# Installing aftermarket reverse lights with relay . help please



## Flavo Cadillac (May 7, 2003)

I'm installing aftermarket lights w/ a switch so I can turn them on at will from the cab and also have them come on when the gear selector is in reverse. I keep blowing fuses though. I think my problem may be with fuse and diode sizing. I was told it didn't matter the size of the fuse as long as it was smaller then the diode. The diy I found used a 5 amp fuse and 6 amp diode. The biggest diode I could find was a 3amp though so I used a 2 amp fuse. 

By the way, I haven't even bothered w/ the switch and 2nd diode yet. Just trying to get the simple set up to work. Even just taking the fused hot wire to the aftermarket light and grounding the other wire from the light will get no affect but a blown fuse. Maybe it's possible my ground isn't good enough? I took a bolt off of the truck bed and sanded the painted section, then replaced the bolt w/ the ground. 

Please let me know if it is what I think it is and how to proceed.


----------



## cuppie (May 4, 2005)

I think you're looking at _everything_ from the wrong angle. 

Obvious question (and, when building any electrical circuit, the most important one): 
what's the load? I'm betting that it's a lot larger than the 28 watts (14.2v*2A) that your 2A fuse will allow. Factory reverse lamps are normally 16-21(ish) watts _each_.  
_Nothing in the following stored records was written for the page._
-- ===== src/Assistant/Tests.antt =====
-- Examples of the assistant: a conversation that is trimmed, a turn whose model never stops calling, a
-- reply with too many calls, and an allowance with one apply left.
use terraformer.Base.{
  ℕ, ◌+◌, ◌≤◌, ◌<◌, ◌≡◌, refl, arith, true, false, none, some, List, [], ◌∷◌, if◌then◌else◌, any,
  map, length, ◌==◌,
}
use terraformer.Text.{Text, codes}
use terraformer.Models.{draft, best_effort, low, manual}
use terraformer.Pipeline.{ChangePlan, returned}
use terraformer.Jobs.Queue.{Services}
use terraformer.Assistant.Context.{
  ChatMessage, History, Role, system, user, assistant, tool, is_user, after_pinned,
  trim_to_context_limit,
}
use terraformer.Assistant.Context.Kept.{TrimEnds, trim-TrimEnds}
use terraformer.Assistant.Context.Orphans.{is_answered, trim-answered}
use terraformer.Assistant.Turn.{
  answered, ToolResult, provider, token, tool_call, tool_result, ToolCallRequest, done, Env,
  ask_model, started, run_turn,
}
use terraformer.Assistant.Turn.Work.{result_count}
use terraformer.Assistant.Turn.Socket.{event, error, answer_message}
use terraformer.Assistant.Turn.Socket.Ends.{WorkThen, quiet_turn_done}
use terraformer.Assistant.Turn.Overflow.{announced_count, overflow_ends_turn}
use terraformer.Assistant.Allowance.{auto, AssistantSession, World, Request, apply_plan}
use terraformer.Assistant.Allowance.Overlap.{
  begin_all, settle_all, accepted_count, overlap_counted_once,
}
use terraformer.Assistant.Allowance.Bounded.{auto_applies, auto_applies_bounded}

abbrev says : Role → Text → ChatMessage
says role content = record { role = role; content = content; tool_call_id = none; tool_calls = [] }

-- A prompt, a question that was answered with a tool, and a new question.
abbrev conversation : History
conversation =
    says system (codes "ask")
    ∷ says user (codes "which ports")
    ∷ record {
      role = assistant;
      content = codes "look";
      tool_call_id = none;
      tool_calls = codes "a" ∷ [];
    }
    ∷ record {
      role = tool;
      content = codes "Gi1 Gi2";
      tool_call_id = some (codes "a");
      tool_calls = [];
    }
    ∷ says assistant (codes "two")
    ∷ says user (codes "names?")
    ∷ []

trim-TrimEnds_example : TrimEnds 4 conversation (trim_to_context_limit conversation (some 4))
trim-TrimEnds_example = trim-TrimEnds conversation 4

has_user : any (λ (m : ChatMessage). is_user m.role) (after_pinned conversation) ≡ true
unfolding after_pinned
has_user = refl

conversation_answered : is_answered false conversation ≡ true
unfolding is_answered
conversation_answered = refl

trim-answered_example : is_answered false (trim_to_context_limit conversation (some 4)) ≡ true
trim-answered_example = trim-answered conversation 4 has_user conversation_answered

-- A window that would open on the tool's result opens after it.
window_test :
    map (λ (m : ChatMessage). m.role) (trim_to_context_limit conversation (some 5))
    ≡ system ∷ assistant ∷ user ∷ []
unfolding trim_to_context_limit
window_test = refl

abbrev call : ToolCallRequest
call = record { id = codes "a"; name = codes "get_topology"; arguments = [] }

abbrev no_payload : ToolResult
no_payload = record { payload = codes "none"; proposed = false }

-- A model that calls a tool in each of its replies.
abbrev calling : List ToolCallRequest → Env
calling calls = record {
  stream_chat =
      λ n offered h. record { tokens = codes "I look" ∷ []; calls = calls; failure = none };
  run_tool = λ c. answered no_payload;
  budget_spent = codes "spent";
  budget_tokens = 100;
}

-- The provider breaks off after a token of its second reply.
abbrev breaking : Env
breaking = record (calling []) {
  stream_chat = λ n offered h. record {
    tokens = codes "I look" ∷ [];
    calls = if n == 0 then call ∷ [] else [];
    failure = if n == 0 then none else some provider;
  };
}

broken_test :
    (answer_message breaking conversation).0
    ≡ event (token (codes "I look"))
      ∷ event (tool_call (codes "get_topology"))
      ∷ event (tool_result (codes "get_topology"))
      ∷ event (token (codes "I look"))
      ∷ error (codes "provider_unreachable")
      ∷ []
unfolding answer_message
broken_test = refl

quiet_turn_done_example :
    WorkThen (event done ∷ []) (answer_message (calling (call ∷ [])) conversation).0
    × ((answer_message (calling (call ∷ [])) conversation).1 ≡ true)
quiet_turn_done_example =
    quiet_turn_done (calling (call ∷ [])) conversation (λ n offered h. refl)
      (λ c. (no_payload, refl))

abbrev ten : List ToolCallRequest → List ToolCallRequest
ten cs = call ∷ call ∷ call ∷ call ∷ call ∷ call ∷ call ∷ call ∷ call ∷ call ∷ cs

abbrev too_many : List ToolCallRequest
too_many = ten (ten (ten (ten (call ∷ []))))

whole_lem :
    (ask_model (calling too_many) false (started (calling too_many) conversation)).0.failure ≡ none
unfolding ask_model
whole_lem = refl

too_many_lem :
    40
    < length (ask_model (calling too_many) false (started (calling too_many) conversation)).0.calls
unfolding ask_model
too_many_lem = omega arith

overflow_ends_turn_example :
    ((run_turn (calling too_many) conversation).requests ≡ 1)
    × (result_count (run_turn (calling too_many) conversation).stored ≡ 40)
    × (announced_count (run_turn (calling too_many) conversation).stored
        ≡ length
            (ask_model (calling too_many) false (started (calling too_many) conversation)).0.calls)
overflow_ends_turn_example =
    overflow_ends_turn (calling too_many) conversation whole_lem (λ c. (no_payload, refl))
      too_many_lem

-- The queue takes every job.
abbrev services : Services
services = record { get_device = λ d. returned tt; enqueue = λ job. some (codes "rq") }

abbrev drafted : ChangePlan
drafted = record {
  device_id = 7;
  status = draft;
  safety_level = best_effort;
  risk = low;
  source = manual;
  pre_change_snapshot_id = none;
  post_change_snapshot_id = none;
  failure_code = none;
  applied_at = none;
  steps = [];
}

abbrev fourth : AssistantSession
fourth = record {
  mode = auto;
  model_id = codes "m";
  auto_mode_acknowledged_at = some 1;
  auto_apply_count = 4;
}

-- The first two rows of plans are for devices 7 and 8.
abbrev nearly_spent : World
nearly_spent = record {
  plans = λ n. some (record drafted { device_id = n + 7 });
  sessions = λ n. if n == 3 then some fourth else none;
  jobs = record { jobs = []; events = []; next_id = 0 };
}

abbrev two_applies : List (ℕ × Request)
two_applies = (10, apply_plan 0 (some 3)) ∷ (11, apply_plan 1 (some 3)) ∷ []

-- The first is accepted, the second is over the limit.
accepted_test : auto_applies services 3 two_applies nearly_spent ≡ 1
unfolding auto_applies
accepted_test = refl

auto_applies_bounded_example : auto_applies services 3 two_applies nearly_spent + 4 ≤ 5
auto_applies_bounded_example =
    auto_applies_bounded services two_applies nearly_spent 3 fourth refl (omega arith)
      (refl, (refl, tt))

-- Two overlapping applies with one left are both accepted, and the count goes from four to five.
abbrev two_plans : List (ℕ × ℕ)
two_plans = (10, 0) ∷ (11, 1) ∷ []

both_accepted : accepted_count (begin_all services 3 two_plans nearly_spent).0 ≡ 2
unfolding begin_all accepted_count
both_accepted = refl

one_accepted : 1 ≤ accepted_count (begin_all services 3 two_plans nearly_spent).0
one_accepted = omega (arith, both_accepted)

overlap_counted_once_example :
    (row : AssistantSession) × (((settle_all
            (begin_all services 3 two_plans nearly_spent).0
            (begin_all services 3 two_plans nearly_spent).1).sessions
          3
        ≡ some row)
      × (row.auto_apply_count ≡ 5))
overlap_counted_once_example =
    overlap_counted_once services two_plans nearly_spent 3 fourth refl refl one_accepted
You're building a circuit. Always start with "how big is my total load?" 
From that, you select the proper size wire for the load, and properly-rated relay(s) and/or switch(es) as required. 
_Then_ you select fuse (and, in your case, diodes) that are appropriate for the application. 


What you're doing, it's not that far removed from something I'm planning on my 'rocco: I want to re-do the sidelights wiring, to enable Euro-style parking lamps. I have an alarm with a single sidelights output on it (internal relay), that needs connected to that. Needs diodes in a Y to connect. So, I asked a forum friend at MaxPC for help. Here's the gist: 


Cup said:


> The question for you:
> at ~14.2v DC, and with a circuit load of 23w (each side), what would be an appropriate diode to use?
> If it helps, forward current would only be applied during locking, unlocking, and alarm triggering.





Ron said:


> I would look at a diode like the 1N5400 or 1N5401. Actually anything between 1N5400 and 1N5408. The only difference being they start with a PIV or 50 volts and go up. They are all 3 amp diodes and the lamps draw 23 / 14.2 or about 1.6 amps give or take.
> 
> You can get them at even Radio Shack for under a few bucks each.


----------



## Flavo Cadillac (May 7, 2003)

So all I'm really looking at wrong is the size of my fuse and possibly my diode? That fuse seemed way too small. The lights are rated at 55w each. Do you know what size diode or fuse I need? Or tell me how I can figure it out. Does the fuse need to be smaller then the diode?


----------



## cuppie (May 4, 2005)

A(mps) = W(atts) / V(oltage.) 
So, 55W * 2 (lamps) = 110W. 
110/14.2 (nominal voltage) = 7.7A 
Round up to next size, you need a 10A fuse. 
And, you need a diode that's rated for ~8-10A forward current, at at least 14V (you can always go higher with the voltage rating.) 

Give me a little time, and I can pick thru Radio Shack's site (as well as a few others), and find diodes around what you need.


----------



## Flavo Cadillac (May 7, 2003)

Thanks so much. My radio shack isn't too tiny but I saw nothing even close to that size. I think I got the biggest diode they had.


----------



## cuppie (May 4, 2005)

Sorry - was feeling a bit ishtty last night. Fell asleep early! 

Here you go: 
http://search.digikey.com/us/en/products/10A01-T/10A01CT-ND/1922678 
50v PIV; 10A forward current. $0.33 each.


----------



## dennisgli (May 17, 2003)

Why do you need a 10amp diode to power a relay coil that draws less than 1amp?


----------



## cuppie (May 4, 2005)

10A _diode_ what you meant to say?  

But, um, yeah... you're right. A 1.5A diode would be more than sufficient for the job. 
Brain got stuck earlier, I guess. :laugh: and :facepalm: 

So, yeah - a pair of IN5400 or IN5401 diodes would be fine. 

And, the original problem (fuse blows) solved by using the right fuse (10A, instead of the original 2A fuse.)


----------



## rabbitnothopper (Oct 19, 2009)

welcome to electronics 101 

where fuses are examined and understood because of the pile of dead ones we have 

not so bad really 

i blew a few fuses every time i connected fused power to a relay once 
little to my knowledge the inside of the relay had a bad circuit laying from battery to ground and would blow the fuse every time 
luckily a little repair work inside the relay and all was good


----------